● AIM OF THE TASK
If a line of the data below contains the string "refl", count it, then state the total alone.

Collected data
┄┄┄┄┄┄┄┄┄┄
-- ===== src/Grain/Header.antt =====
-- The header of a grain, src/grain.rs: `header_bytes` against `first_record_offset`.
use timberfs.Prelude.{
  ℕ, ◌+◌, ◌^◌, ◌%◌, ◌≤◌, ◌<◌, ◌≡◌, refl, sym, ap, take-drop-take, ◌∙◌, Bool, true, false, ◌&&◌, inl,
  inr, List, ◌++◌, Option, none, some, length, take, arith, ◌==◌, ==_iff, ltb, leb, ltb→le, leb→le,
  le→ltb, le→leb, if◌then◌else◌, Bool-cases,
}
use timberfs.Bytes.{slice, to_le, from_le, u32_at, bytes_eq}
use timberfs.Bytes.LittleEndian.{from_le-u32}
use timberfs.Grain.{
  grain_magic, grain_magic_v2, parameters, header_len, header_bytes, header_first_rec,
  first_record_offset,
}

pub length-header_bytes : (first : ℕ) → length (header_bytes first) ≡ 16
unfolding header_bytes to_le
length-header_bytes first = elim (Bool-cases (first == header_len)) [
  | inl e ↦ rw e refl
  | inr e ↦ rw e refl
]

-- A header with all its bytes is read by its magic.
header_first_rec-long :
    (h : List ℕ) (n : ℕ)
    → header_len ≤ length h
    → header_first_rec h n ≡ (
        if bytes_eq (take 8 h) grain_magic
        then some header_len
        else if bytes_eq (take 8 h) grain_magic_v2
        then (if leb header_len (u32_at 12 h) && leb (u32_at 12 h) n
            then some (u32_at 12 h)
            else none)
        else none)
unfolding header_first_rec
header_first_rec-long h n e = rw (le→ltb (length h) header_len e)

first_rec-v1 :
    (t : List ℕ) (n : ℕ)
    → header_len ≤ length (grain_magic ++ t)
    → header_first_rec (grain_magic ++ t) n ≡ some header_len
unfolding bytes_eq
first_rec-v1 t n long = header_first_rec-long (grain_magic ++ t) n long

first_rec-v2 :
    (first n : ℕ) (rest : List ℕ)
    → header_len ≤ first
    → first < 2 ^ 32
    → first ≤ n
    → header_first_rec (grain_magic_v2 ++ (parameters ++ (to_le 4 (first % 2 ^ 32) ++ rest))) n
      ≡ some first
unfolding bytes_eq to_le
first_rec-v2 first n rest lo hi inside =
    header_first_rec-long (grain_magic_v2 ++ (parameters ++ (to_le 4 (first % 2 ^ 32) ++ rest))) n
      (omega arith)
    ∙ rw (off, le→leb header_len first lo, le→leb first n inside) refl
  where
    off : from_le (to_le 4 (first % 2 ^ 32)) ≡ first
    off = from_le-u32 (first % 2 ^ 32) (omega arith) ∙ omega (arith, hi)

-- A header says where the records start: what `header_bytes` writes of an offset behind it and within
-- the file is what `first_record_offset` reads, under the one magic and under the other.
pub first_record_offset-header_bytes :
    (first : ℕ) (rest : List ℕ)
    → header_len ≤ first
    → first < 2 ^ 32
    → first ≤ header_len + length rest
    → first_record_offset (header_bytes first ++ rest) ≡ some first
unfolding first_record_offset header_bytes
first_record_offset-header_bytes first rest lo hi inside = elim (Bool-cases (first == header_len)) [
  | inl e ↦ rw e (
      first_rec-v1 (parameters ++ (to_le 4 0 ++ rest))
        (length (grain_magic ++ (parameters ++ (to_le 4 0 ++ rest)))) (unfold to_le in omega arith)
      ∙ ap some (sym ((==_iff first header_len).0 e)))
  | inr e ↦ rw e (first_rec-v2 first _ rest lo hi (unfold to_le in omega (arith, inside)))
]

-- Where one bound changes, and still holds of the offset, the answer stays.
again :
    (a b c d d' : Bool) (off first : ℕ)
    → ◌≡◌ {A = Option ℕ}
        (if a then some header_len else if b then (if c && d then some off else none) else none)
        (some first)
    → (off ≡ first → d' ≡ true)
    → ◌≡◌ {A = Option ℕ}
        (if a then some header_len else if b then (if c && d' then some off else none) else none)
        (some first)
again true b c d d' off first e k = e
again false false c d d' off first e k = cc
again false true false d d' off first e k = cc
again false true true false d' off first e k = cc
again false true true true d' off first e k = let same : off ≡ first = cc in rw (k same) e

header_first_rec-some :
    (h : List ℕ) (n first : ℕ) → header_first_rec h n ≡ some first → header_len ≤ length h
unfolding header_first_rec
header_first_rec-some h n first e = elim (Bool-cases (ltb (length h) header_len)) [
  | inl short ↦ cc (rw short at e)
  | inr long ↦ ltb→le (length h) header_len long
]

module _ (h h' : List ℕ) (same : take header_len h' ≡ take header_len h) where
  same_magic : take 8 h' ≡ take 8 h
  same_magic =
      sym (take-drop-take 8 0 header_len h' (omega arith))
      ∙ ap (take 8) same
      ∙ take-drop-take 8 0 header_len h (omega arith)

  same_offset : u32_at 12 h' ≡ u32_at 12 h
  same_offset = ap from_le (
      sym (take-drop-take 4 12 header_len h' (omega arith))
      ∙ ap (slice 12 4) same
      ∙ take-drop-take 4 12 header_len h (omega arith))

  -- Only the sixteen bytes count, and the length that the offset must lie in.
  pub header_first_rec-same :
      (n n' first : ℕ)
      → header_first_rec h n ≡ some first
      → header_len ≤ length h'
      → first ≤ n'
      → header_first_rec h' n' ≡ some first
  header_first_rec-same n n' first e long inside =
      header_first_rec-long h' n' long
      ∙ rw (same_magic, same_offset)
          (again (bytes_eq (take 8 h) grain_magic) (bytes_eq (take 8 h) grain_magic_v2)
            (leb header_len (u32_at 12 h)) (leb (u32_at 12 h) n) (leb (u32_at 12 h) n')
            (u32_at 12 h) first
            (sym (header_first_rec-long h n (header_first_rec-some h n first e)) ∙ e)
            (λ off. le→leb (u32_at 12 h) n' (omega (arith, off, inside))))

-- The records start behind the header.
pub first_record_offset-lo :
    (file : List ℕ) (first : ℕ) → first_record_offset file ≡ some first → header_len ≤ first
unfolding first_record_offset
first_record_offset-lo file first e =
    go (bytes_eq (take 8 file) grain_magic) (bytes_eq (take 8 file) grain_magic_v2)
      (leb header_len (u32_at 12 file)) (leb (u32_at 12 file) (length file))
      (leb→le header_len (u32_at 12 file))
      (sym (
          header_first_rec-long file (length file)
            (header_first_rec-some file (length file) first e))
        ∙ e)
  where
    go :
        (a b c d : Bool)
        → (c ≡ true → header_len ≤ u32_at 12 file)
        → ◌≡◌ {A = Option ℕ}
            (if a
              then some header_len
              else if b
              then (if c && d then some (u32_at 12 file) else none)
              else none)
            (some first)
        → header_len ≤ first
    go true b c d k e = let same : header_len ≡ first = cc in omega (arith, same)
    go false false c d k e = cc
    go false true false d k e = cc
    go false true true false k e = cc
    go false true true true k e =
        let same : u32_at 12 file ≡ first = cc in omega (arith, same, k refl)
┄┄┄┄┄┄┄┄┄┄
● YOUR SOLUTION
5